[[ DATA FOR THE TASK open ]]

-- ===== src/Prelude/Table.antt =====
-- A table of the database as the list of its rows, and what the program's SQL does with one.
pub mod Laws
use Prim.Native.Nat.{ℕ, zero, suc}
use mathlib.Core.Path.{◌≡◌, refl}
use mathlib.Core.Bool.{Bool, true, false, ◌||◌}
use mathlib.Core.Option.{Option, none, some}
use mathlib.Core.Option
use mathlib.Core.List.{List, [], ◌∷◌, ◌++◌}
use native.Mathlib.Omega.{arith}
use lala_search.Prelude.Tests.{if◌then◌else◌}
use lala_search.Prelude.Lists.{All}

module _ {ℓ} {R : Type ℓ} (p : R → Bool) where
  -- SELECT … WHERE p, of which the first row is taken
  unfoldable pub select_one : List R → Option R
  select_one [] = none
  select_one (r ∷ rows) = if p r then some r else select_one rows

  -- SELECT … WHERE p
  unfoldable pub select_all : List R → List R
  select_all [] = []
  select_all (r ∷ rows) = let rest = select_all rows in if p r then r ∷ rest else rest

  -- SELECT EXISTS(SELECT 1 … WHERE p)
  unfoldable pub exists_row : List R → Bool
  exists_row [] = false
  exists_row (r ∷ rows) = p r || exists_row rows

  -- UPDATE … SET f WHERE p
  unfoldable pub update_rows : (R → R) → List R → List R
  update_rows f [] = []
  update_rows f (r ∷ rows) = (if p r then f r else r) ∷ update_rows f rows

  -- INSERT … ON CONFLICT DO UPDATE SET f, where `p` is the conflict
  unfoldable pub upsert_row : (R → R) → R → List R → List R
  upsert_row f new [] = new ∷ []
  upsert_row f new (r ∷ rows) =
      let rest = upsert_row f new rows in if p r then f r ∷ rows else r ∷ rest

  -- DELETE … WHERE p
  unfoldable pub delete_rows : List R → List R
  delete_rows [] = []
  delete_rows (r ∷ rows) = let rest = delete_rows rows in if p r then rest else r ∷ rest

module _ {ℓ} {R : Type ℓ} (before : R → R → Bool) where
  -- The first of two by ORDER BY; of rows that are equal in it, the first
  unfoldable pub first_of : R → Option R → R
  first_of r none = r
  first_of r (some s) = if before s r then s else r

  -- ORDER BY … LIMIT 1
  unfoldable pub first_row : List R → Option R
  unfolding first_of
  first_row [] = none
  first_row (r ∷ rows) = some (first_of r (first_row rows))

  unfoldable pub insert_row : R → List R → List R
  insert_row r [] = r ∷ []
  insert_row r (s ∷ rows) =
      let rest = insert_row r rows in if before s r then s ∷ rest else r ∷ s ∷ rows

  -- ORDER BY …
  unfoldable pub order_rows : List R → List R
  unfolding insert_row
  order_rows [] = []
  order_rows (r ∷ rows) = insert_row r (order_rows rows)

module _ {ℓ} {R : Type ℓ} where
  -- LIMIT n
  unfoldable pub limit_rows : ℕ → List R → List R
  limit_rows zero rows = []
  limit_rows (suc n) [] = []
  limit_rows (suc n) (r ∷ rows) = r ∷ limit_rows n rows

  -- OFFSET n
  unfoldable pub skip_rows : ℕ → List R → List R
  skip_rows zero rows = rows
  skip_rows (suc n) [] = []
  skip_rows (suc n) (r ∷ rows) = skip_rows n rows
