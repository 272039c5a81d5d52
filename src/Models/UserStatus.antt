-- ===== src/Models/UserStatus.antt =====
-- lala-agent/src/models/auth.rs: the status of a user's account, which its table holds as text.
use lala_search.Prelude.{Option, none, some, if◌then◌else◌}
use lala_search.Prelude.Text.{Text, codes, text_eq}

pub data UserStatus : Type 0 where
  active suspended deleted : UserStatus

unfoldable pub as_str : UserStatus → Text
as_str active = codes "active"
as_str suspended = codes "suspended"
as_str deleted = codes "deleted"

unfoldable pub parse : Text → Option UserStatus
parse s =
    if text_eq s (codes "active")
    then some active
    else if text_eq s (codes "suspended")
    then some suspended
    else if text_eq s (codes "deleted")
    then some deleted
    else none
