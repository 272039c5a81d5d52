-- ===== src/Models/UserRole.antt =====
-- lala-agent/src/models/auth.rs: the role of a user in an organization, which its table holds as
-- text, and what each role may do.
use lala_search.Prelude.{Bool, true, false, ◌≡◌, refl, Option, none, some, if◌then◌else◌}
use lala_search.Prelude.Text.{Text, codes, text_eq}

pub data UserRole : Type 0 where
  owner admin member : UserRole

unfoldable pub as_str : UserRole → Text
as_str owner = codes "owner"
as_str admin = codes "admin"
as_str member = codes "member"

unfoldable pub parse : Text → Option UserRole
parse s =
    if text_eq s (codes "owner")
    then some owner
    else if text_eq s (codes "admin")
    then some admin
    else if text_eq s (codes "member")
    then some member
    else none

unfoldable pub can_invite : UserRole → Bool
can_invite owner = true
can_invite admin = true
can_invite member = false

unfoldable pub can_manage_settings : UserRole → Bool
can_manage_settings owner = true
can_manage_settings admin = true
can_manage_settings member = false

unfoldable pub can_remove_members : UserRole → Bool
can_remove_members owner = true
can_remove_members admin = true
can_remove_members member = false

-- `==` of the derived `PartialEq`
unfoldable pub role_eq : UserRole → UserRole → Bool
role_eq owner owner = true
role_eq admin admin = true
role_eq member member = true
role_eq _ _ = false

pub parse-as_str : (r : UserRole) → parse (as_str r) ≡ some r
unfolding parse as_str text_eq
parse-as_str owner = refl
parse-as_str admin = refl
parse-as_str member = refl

[[ DATA FOR THE TASK closed ]]
[[ DATA FOR THE TASK open ]]

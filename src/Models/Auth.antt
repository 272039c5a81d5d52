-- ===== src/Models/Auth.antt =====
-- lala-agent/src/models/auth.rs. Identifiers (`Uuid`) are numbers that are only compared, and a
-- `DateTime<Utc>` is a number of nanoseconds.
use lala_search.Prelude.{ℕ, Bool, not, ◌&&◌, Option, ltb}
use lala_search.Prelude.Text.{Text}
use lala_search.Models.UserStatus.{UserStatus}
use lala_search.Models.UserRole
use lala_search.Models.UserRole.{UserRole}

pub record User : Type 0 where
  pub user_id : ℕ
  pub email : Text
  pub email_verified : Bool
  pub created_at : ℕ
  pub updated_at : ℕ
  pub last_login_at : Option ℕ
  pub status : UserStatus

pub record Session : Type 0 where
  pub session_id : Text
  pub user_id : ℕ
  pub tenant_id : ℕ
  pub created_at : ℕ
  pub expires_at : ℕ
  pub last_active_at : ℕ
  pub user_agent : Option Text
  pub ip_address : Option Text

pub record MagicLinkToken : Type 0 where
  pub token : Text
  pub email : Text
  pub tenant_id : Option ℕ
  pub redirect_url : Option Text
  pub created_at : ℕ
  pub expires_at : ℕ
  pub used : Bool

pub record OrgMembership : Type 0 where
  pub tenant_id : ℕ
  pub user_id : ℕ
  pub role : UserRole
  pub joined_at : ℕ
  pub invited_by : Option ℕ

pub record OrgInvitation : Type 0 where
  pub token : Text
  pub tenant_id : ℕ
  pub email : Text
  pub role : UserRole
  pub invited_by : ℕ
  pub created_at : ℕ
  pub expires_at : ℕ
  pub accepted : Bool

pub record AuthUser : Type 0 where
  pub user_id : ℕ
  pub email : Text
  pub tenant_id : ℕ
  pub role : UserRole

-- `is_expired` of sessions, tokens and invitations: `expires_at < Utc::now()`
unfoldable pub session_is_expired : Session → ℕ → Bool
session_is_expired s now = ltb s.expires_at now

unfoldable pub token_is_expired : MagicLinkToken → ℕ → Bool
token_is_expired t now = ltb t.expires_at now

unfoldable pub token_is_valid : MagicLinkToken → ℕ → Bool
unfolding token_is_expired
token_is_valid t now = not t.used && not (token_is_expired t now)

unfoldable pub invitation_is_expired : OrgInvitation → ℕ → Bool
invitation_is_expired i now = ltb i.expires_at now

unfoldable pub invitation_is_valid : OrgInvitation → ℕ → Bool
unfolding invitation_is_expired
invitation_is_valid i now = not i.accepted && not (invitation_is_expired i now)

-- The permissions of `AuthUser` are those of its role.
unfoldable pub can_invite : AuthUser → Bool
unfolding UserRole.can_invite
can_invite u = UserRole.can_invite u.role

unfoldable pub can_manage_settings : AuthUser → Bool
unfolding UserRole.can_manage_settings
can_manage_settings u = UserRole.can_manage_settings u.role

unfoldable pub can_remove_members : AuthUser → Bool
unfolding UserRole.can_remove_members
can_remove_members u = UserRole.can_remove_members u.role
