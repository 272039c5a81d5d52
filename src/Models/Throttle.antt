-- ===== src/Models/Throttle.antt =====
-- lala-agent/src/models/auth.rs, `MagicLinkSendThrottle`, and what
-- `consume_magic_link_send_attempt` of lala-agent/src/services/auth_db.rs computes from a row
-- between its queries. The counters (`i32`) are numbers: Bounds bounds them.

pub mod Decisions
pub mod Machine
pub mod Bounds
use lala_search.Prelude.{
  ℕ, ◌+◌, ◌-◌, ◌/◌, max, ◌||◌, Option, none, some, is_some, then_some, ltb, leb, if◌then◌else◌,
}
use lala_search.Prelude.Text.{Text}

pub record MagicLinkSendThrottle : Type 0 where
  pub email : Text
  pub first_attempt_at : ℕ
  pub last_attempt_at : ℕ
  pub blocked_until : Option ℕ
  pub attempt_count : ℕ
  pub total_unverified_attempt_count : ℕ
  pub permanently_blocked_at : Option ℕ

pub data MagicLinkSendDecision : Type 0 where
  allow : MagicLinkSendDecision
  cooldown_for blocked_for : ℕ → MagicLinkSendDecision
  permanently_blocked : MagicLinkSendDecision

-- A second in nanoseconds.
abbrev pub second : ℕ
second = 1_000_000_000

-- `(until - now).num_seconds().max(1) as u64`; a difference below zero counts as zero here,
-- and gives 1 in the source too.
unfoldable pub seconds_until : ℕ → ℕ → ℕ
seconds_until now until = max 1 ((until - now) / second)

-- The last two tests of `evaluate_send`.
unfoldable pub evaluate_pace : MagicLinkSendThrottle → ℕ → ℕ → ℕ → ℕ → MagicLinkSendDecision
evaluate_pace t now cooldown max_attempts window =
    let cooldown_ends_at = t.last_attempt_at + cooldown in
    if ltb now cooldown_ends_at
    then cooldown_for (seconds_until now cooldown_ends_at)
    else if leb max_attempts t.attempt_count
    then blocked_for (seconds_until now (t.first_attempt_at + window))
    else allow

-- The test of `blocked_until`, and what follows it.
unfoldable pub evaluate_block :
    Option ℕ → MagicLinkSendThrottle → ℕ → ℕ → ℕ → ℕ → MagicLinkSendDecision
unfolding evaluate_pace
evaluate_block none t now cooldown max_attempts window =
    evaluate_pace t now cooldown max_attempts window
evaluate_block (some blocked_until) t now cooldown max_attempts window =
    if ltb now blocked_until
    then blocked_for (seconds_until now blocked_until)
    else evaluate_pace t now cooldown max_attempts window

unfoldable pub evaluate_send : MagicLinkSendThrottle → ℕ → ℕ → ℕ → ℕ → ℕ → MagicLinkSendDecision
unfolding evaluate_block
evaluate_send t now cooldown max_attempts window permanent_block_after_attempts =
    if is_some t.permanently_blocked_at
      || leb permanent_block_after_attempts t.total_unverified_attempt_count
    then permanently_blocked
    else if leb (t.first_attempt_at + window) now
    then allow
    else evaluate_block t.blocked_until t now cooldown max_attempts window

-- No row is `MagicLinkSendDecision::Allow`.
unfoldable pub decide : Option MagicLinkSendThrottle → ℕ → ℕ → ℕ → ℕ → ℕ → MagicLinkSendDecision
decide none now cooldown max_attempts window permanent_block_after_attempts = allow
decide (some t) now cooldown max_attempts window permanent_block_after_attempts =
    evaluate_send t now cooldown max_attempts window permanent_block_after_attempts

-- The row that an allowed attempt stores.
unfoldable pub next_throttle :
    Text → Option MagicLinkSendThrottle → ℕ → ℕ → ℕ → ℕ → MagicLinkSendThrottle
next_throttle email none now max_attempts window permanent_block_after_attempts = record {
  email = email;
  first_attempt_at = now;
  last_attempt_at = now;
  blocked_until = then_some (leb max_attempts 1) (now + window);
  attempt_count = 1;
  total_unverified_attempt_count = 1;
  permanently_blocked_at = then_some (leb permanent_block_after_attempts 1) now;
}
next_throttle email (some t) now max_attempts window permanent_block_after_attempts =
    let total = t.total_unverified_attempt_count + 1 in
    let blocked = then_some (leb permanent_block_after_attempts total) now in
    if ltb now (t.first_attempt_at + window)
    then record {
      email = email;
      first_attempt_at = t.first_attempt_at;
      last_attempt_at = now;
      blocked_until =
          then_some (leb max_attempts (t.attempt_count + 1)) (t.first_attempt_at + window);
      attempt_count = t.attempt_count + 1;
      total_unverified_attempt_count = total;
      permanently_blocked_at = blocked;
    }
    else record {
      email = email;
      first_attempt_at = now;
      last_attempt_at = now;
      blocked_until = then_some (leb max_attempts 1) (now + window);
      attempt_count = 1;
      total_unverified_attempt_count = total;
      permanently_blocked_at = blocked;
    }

[[ DATA FOR THE TASK closed ]]

ACTIVITY. Each line above that has "refl" adds one to the count; say the final count with no other text.

ANSWER BOX. 5